Il n’en demeure pas moins que la réalisation d’un télétravail à 100% pourrait indéniablement être source de risques potentiels pour la santé des salariés concernés, ce même dans le cadre d’un contexte de vie normale.
Or, le droit du travail est, par principe, un droit protecteur des intérêts du salarié. A ce titre, l’employeur est soumis à une obligation de sécurité vis-à-vis de tous ses salariés.
La Haute Cour pourrait donc juger excessif que l’employeur puisse – sur la base d’un motif économique – pousser un salarié à accepter un télétravail à 100%, ce au surplus dans la mesure où le principe régissant la matière est celui du volontariat.

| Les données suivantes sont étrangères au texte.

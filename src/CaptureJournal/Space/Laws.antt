-- ===== src/CaptureJournal/Space/Laws.antt =====
-- A JSON object and its line feed: what trimming leaves of the line.
use atb.Prelude.{
  ℕ, suc, ◌+◌, ◌≡◌, refl, ap, ◌∙◌, false, List, [], ◌∷◌, ◌++◌, none, length, length-append, arith,
}
use atb.CaptureJournal.Space.{
  is_space_2, is_space_3, trim_space, reversed, reverse_onto, drop_all, drop_front, drop_back, wide,
  wide_back,
}

reverse_onto-append :
    (acc s t : List ℕ) → reverse_onto acc (s ++ t) ≡ reverse_onto (reverse_onto acc s) t
reverse_onto-append acc [] t = refl
reverse_onto-append acc (b ∷ s) t = reverse_onto-append (b ∷ acc) s t

reverse_onto-reverse_onto :
    (x acc s : List ℕ) → reverse_onto x (reverse_onto acc s) ≡ reverse_onto (s ++ x) acc
reverse_onto-reverse_onto x acc [] = refl
reverse_onto-reverse_onto x acc (b ∷ s) = reverse_onto-reverse_onto x (b ∷ acc) s

wide-brace : (r : List ℕ) → wide 123 r ≡ none
unfolding wide
wide-brace [] = refl
wide-brace (b ∷ []) = refl
wide-brace (b ∷ c ∷ r) = refl

no_space_2 : (b : ℕ) → is_space_2 b 125 ≡ false
no_space_2 b = ground arith

no_space_3 : (a b : ℕ) → is_space_3 a b 125 ≡ false
no_space_3 a b = ground arith

wide_back-brace : (r : List ℕ) → wide_back 125 r ≡ none
unfolding wide_back
wide_back-brace [] = refl
wide_back-brace (b ∷ []) = rw (no_space_2 b) refl
wide_back-brace (b ∷ c ∷ r) = rw (no_space_2 b, no_space_3 c b) refl

module _ (body : List ℕ) where
  abbrev line : List ℕ
  line = 123 ∷ (body ++ 125 ∷ 10 ∷ [])

  front : (n : ℕ) → drop_all drop_front (suc n) line ≡ line
  unfolding drop_all drop_front
  front n = rw (drop_all, wide-brace (body ++ 125 ∷ 10 ∷ [])) refl

  back : (n : ℕ) (r : List ℕ) → drop_all drop_back (suc (suc n)) (10 ∷ 125 ∷ r) ≡ 125 ∷ r
  unfolding drop_all drop_back
  back n r = rw (drop_all, wide_back-brace r) refl

  long_enough : length line ≡ suc (suc (length body + 1))
  long_enough = omega (arith, length-append body (125 ∷ 10 ∷ []))

  -- Trimming takes the line feed behind an object, and nothing else.
  pub trim_space-line : trim_space line ≡ 123 ∷ (body ++ 125 ∷ [])
  unfolding trim_space
  trim_space-line =
      let k = length body + 1 in
      ap (λ f. reversed (drop_all drop_back (length f) (reversed f)))
        (front (length (body ++ 125 ∷ 10 ∷ [])))
      ∙ ap (λ n. reversed (drop_all drop_back n (reversed line))) long_enough
      ∙ ap (λ l. reversed (drop_all drop_back (suc (suc k)) l))
          (reverse_onto-append [] (123 ∷ body) (125 ∷ 10 ∷ []))
      ∙ ap reversed (back k (reversed (123 ∷ body)))
      ∙ reverse_onto-reverse_onto (125 ∷ []) [] (123 ∷ body)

Une solution intermédiaire pourrait également exister :
La Cour de cassation pourrait exiger de l’employeur – outre un motif économique avéré – qu’il puisse garantir prendre toutes les mesures nécessaires pour pallier aux risques précités, telles notamment :
- La mise en place de réunions d’équipe périodiques, pour permettre un contact présentiel entre salariés
- Des conditions facilitées de retour dans les locaux de l’entreprise à la demande des salariés
- La mise en place d’entretiens réguliers avec chaque salarié (la loi prévoyant uniquement un entretien annuel)
- Des mesures pour prévenir l’isolement du salarié
- Des mesures pour assurer le respect du droit à la déconnexion
- La fourniture d’équipements de travail ergonomiques
- La mise en place d’une cellule d’accompagnement
- Une formation des managers aux risques psychosociaux etc…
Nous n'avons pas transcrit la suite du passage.